[Collected data entries]
★ ★ ★ ★

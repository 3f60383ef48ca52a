-- ===== src/Tests/Submission.antt =====
-- A submission through a client that answers after a while, and a clock.
use xcs.Common.{
  ◌+◌, ◌≡◌, ◌≢◌, refl, ℕ, suc, Text, codes, true, false, [], ◌∷◌, some, Result, ok, err, arith,
  text_eq, to_upper,
}
use xcs.Core.Json.{natural, number, string}
use xcs.Indexer.Types.{Fields}
use xcs.Sdk.Submission.{
  Ports, Codec, Session, SubmissionOptions, TxResponse, ClientFailure, txn_not_found, out_of_fuel,
  is_tx_hash, is_blob,
}
use xcs.Sdk.Submission.Flow.{wait_for_transaction}
use xcs.Sdk.Submission.Submit.{submit_signed_transaction, sign_prepared_and_submit}
use xcs.Sdk.Submission.Waiting.{Clock, wait_for_transaction-ends}
use xcs.Sdk.Submission.Matching.{
  SubmittedOnce, submit_signed_transaction-Once, SubmittedReviewed,
  sign_prepared_and_submit-Reviewed,
}

abbrev tx_hash : Text
tx_hash = codes "00000000000000000000000000000000000000000000000000000000000000AB"

abbrev blob : Text
blob = codes "1200"

abbrev prepared : Fields
prepared =
    (codes "TransactionType", string (codes "CredentialAccept"))
    ∷ (codes "Sequence", number (natural 5))
    ∷ (codes "Fee", string (codes "10"))
    ∷ (codes "LastLedgerSequence", number (natural 20))
    ∷ []

abbrev signed : Fields
signed =
    (codes "SigningPubKey", string (codes "ED"))
    ∷ (codes "TxnSignature", string (codes "AA"))
    ∷ prepared

-- the transaction is validated from the third millisecond on
abbrev answer : ℕ → Result ClientFailure TxResponse
answer (suc (suc (suc n))) = ok (record {
  validated = true;
  ledger_index = some (natural 12);
  transaction_result = some (codes "tesSUCCESS");
})
answer _ = err txn_not_found

-- The state is the time in milliseconds.
abbrev ports : Ports ℕ
ports = record {
  is_connected = λ s. true;
  submit = λ b s. (ok (some (codes "tesSUCCESS")), s);
  tx = λ h s. (answer s, s);
  ledger_current = λ s. (ok (natural 11), s);
  sign = λ f s. (ok (record { hash = tx_hash; tx_blob = blob }), s);
  on_validated_signature = λ b s. (ok tt, s);
  before_submit = λ b s. (ok tt, s);
  now = λ s. s;
  delay = λ n s. s + n;
}

abbrev codec : Codec
codec = record {
  decode = λ b. some signed;
  encode = λ f. codes "";
  hash_signed_tx = λ b. tx_hash;
  verify_signature = λ b. true;
}

abbrev options : SubmissionOptions
options = record {
  operation_id = codes "op";
  poll_interval_ms = 1;
  timeout_ms = 10;
  allow_refresh = false;
}

abbrev session : Session ℕ
session = record { state = 0; journal = []; relayed = [] }

ports-Clock : Clock ports 1
ports-Clock = record {
  tx_later = λ h s. omega arith;
  ledger_later = λ s. omega arith;
  delay_later = λ s. omega arith;
}

is_submitted :
    (sign_prepared_and_submit ports codec options prepared session).1.relayed ≡ (blob ∷ [])
unfolding sign_prepared_and_submit text_eq is_tx_hash is_blob to_upper
is_submitted = refl

wait_for_transaction-ends_example :
    (wait_for_transaction ports options tx_hash 20 session).0 ≢ err out_of_fuel
wait_for_transaction-ends_example =
    wait_for_transaction-ends ports options tx_hash 20 session ports-Clock

submit_signed_transaction-Once_example :
    SubmittedOnce ports codec options blob session
      (submit_signed_transaction ports codec options blob session).1
submit_signed_transaction-Once_example =
    submit_signed_transaction-Once ports codec options blob session

sign_prepared_and_submit-Reviewed_example :
    SubmittedReviewed ports codec options prepared session
      (sign_prepared_and_submit ports codec options prepared session).1
sign_prepared_and_submit-Reviewed_example =
    sign_prepared_and_submit-Reviewed ports codec options prepared session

★ ★ ★ ★

Write out all of the records above exactly as they appear.

repository 3f60383ef48ca52a
-- ===== src/Tests/Submission.antt =====
-- A submission through a client that answers after a while, and a clock.
use xcs.Common.{
  ◌+◌, ◌≡◌, ◌≢◌, refl, ℕ, suc, Text, codes, true, false, [], ◌∷◌, some, Result, ok, err, arith,
  text_eq, to_upper,
}
use xcs.Core.Json.{natural, number, string}
use xcs.Indexer.Types.{Fields}
use xcs.Sdk.Submission.{
  Ports, Codec, Session, SubmissionOptions, TxResponse, ClientFailure, txn_not_found, out_of_fuel,
  is_tx_hash, is_blob,
}
use xcs.Sdk.Submission.Flow.{wait_for_transaction}
use xcs.Sdk.Submission.Submit.{submit_signed_transaction, sign_prepared_and_submit}
use xcs.Sdk.Submission.Waiting.{Clock, wait_for_transaction-ends}
use xcs.Sdk.Submission.Matching.{
  SubmittedOnce, submit_signed_transaction-Once, SubmittedReviewed,
  sign_prepared_and_submit-Reviewed,
}

abbrev tx_hash : Text
tx_hash = codes "00000000000000000000000000000000000000000000000000000000000000AB"

abbrev blob : Text
blob = codes "1200"

abbrev prepared : Fields
prepared =
    (codes "TransactionType", string (codes "CredentialAccept"))
    ∷ (codes "Sequence", number (natural 5))
    ∷ (codes "Fee", string (codes "10"))
    ∷ (codes "LastLedgerSequence", number (natural 20))
    ∷ []

abbrev signed : Fields
signed =
    (codes "SigningPubKey", string (codes "ED"))
    ∷ (codes "TxnSignature", string (codes "AA"))
    ∷ prepared

-- the transaction is validated from the third millisecond on
abbrev answer : ℕ → Result ClientFailure TxResponse
answer (suc (suc (suc n))) = ok (record {
  validated = true;
  ledger_index = some (natural 12);
  transaction_result = some (codes "tesSUCCESS");
})
answer _ = err txn_not_found

-- The state is the time in milliseconds.
abbrev ports : Ports ℕ
ports = record {
  is_connected = λ s. true;
  submit = λ b s. (ok (some (codes "tesSUCCESS")), s);
  tx = λ h s. (answer s, s);
  ledger_current = λ s. (ok (natural 11), s);
  sign = λ f s. (ok (record { hash = tx_hash; tx_blob = blob }), s);
  on_validated_signature = λ b s. (ok tt, s);
  before_submit = λ b s. (ok tt, s);
  now = λ s. s;
  delay = λ n s. s + n;
}

abbrev codec : Codec
codec = record {
  decode = λ b. some signed;
  encode = λ f. codes "";
  hash_signed_tx = λ b. tx_hash;
  verify_signature = λ b. true;
}

abbrev options : SubmissionOptions
options = record {
  operation_id = codes "op";
  poll_interval_ms = 1;
  timeout_ms = 10;
  allow_refresh = false;
}

abbrev session : Session ℕ
session = record { state = 0; journal = []; relayed = [] }

ports-Clock : Clock ports 1
ports-Clock = record {
  tx_later = λ h s. omega arith;
  ledger_later = λ s. omega arith;
  delay_later = λ s. omega arith;
}

is_submitted :
    (sign_prepared_and_submit ports codec options prepared session).1.relayed ≡ (blob ∷ [])
unfolding sign_prepared_and_submit text_eq is_tx_hash is_blob to_upper
is_submitted = refl

wait_for_transaction-ends_example :
    (wait_for_transaction ports options tx_hash 20 session).0 ≢ err out_of_fuel
wait_for_transaction-ends_example =
    wait_for_transaction-ends ports options tx_hash 20 session ports-Clock

submit_signed_transaction-Once_example :
    SubmittedOnce ports codec options blob session
      (submit_signed_transaction ports codec options blob session).1
submit_signed_transaction-Once_example =
    submit_signed_transaction-Once ports codec options blob session

sign_prepared_and_submit-Reviewed_example :
    SubmittedReviewed ports codec options prepared session
      (sign_prepared_and_submit ports codec options prepared session).1
sign_prepared_and_submit-Reviewed_example =
    sign_prepared_and_submit-Reviewed ports codec options prepared session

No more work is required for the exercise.